I think it is possible to get within 70% of the normal version.
If we don't search for the optimal zone with a modulus but pick one with bitshifts that should be a win. On average 75% of the RNG's results should still be acceptable. And with everything in one function it can maybe optimise a bit better.
Okay, shall I go ahead and merge?
It looks like the CI failure is something unrelated I messed up (seeding-minimal branch I think).
I can't figure out how to shuffle the traits to get something like sample_single
in RangeImpl
. Can you help me with it? https://gist.github.com/pitdicker/ab086693964a71c031d63b34ccfb8dba
Feel free to merge this though.
I think you want X::T
:
pub fn sample_single<X: SampleRange, R: Rng+?Sized>(low: X, high: X, rng: &mut R) -> X {
X::T::sample_single(low, high, rng)
}
Thank you, that could have taken me hours!

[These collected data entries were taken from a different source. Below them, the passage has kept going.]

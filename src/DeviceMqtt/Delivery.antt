-- ===== src/DeviceMqtt/Delivery.antt =====
-- That a datum which fits its interface does reach the broker.
use astarte_device_sdk_cpp.Base.{
  ℕ, ◌≤◌, ◌≡◌, ap, true, false, Option, none, some, Text, codes, ok, returns,
}
use astarte_device_sdk_cpp.Base.Int.{ℤ}
use astarte_device_sdk_cpp.Data.{Doubles, Data}
use astarte_device_sdk_cpp.EndpointPath.{starts_with_byte}
use astarte_device_sdk_cpp.Interface.{Interface, validate_individual, get_qos}
use astarte_device_sdk_cpp.Interface.Validation.{Conforms, validate_individual_iff}
use astarte_device_sdk_cpp.Interface.Parse.Laws.{IsWellFormed}
use astarte_device_sdk_cpp.Interface.Quality.{get_qos_of_validated}
use astarte_device_sdk_cpp.Introspection.{get}
use astarte_device_sdk_cpp.Serialize.{JsonBuilder, serialize_astarte_individual}
use astarte_device_sdk_cpp.Session.{Session, Client, Identity, Request, publish}
use astarte_device_sdk_cpp.Connection.{Waits, data_topic, settles}
use astarte_device_sdk_cpp.Connection.Laws.{send-eq-ok}
use astarte_device_sdk_cpp.DeviceMqtt.{
  DeviceMqtt, is_connected, encode, encoded, check_individual, prepare_individual, deliver,
  send_individual,
}
use astarte_device_sdk_cpp.DeviceMqtt.Publishing.{with_message}

module _ (client : Client) (waits : Waits) (self : Identity) where
  deliver-eq-ok :
      (device : DeviceMqtt) (name path : Text) (qos : ℕ) (bytes : Text)
      → starts_with_byte b'/' path ≡ true
      → qos ≤ 2
      → settles client waits device.session (publish (data_topic self name path) bytes qos false)
        ≡ true
      → deliver client waits self device name path (returns (ok (qos, bytes)))
        ≡ (with_message self device name path qos bytes, returns (ok tt))
  unfolding deliver
  deliver-eq-ok device name path qos bytes r b h =
      ap (λ (s, outcome). (record device { session = s }, returns outcome))
        (send-eq-ok client waits self device.session name path qos bytes r b h)

  module _ {d : Doubles} (builder : JsonBuilder d) where
    open d use {Double}
    open builder use {Json, null, is_empty, emplace}

    serialized_not_empty :
        (v : Data Double) (t : Option ℤ)
        → ((j : Json) (key : Text) (x : Json) → is_empty (emplace j key x) ≡ false)
        → is_empty (serialize_astarte_individual builder null (codes "v") v t) ≡ false
    unfolding serialize_astarte_individual
    serialized_not_empty v none law = law null (codes "v") _
    serialized_not_empty v (some t) law = law _ (codes "t") _

    pub check_individual-eq-ok :
        (device : DeviceMqtt) (name path : Text) (v : Data Double) (t : Option ℤ) (i : Interface)
        (qos : ℕ)
        → ((j : Json) (key : Text) (x : Json) → is_empty (emplace j key x) ≡ false)
        → is_connected device ≡ true
        → get device.introspection name ≡ ok i
        → validate_individual d i path v t ≡ ok tt
        → get_qos i path ≡ ok qos
        → check_individual builder device name path v t
          ≡ ok (qos, serialize_astarte_individual builder null (codes "v") v t)
    unfolding check_individual
    check_individual-eq-ok device name path v t i qos law on found valid quality =
        rw (on, found, valid, quality, serialized_not_empty v t law)

    -- On a connected device, a datum that an interface of its introspection takes, where that
    -- interface was read from JSON and the path starts with a slash, is sent without an error if the
    -- client takes every message and no wait throws, and if its document can be encoded. The JSON
    -- library is one where an object with a member is not empty.
    pub send_individual_succeeds :
        (device : DeviceMqtt) (name path : Text) (v : Data Double) (t : Option ℤ) (i : Interface)
        (bytes : Text)
        → ((j : Json) (key : Text) (x : Json) → is_empty (emplace j key x) ≡ false)
        → ((s : Session) (r : Request) → settles client waits s r ≡ true)
        → is_connected device ≡ true
        → get device.introspection name ≡ ok i
        → IsWellFormed i
        → Conforms d i path v t
        → encode builder (serialize_astarte_individual builder null (codes "v") v t) ≡ some bytes
        → starts_with_byte b'/' path ≡ true
        → (qos : ℕ) × (send_individual client waits self builder device name path v t
            ≡ (with_message self device name path qos bytes, returns (ok (tt {0}))))
    unfolding send_individual prepare_individual encoded
    send_individual_succeeds device name path v t i bytes law takes on found w c e r =
        let valid = (validate_individual_iff d i path v t).1 c in
        let (qos, quality, bounded) = get_qos_of_validated d i path v t w valid in
        (
          qos,
          rw (check_individual-eq-ok device name path v t i qos law on found valid quality, e)
              (deliver-eq-ok device name path qos _ r bounded (takes device.session _)),
        )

No problem! It was a bit of a weird error and something you wonder why Rustc didn't figure out.
This implements https://github.com/dhardy/rand/issues/52#issuecomment-345014749.
Many small RNG's are of lower quality in their least significant bits. For example LCG's with a power of two modulus, MCG's, Xorshift+ and Xoroshiro+.
If it costs us nothing to avoid the least significant bits it seems sensible to me to do so. Even if none of these RNG's becomes part of rand itself.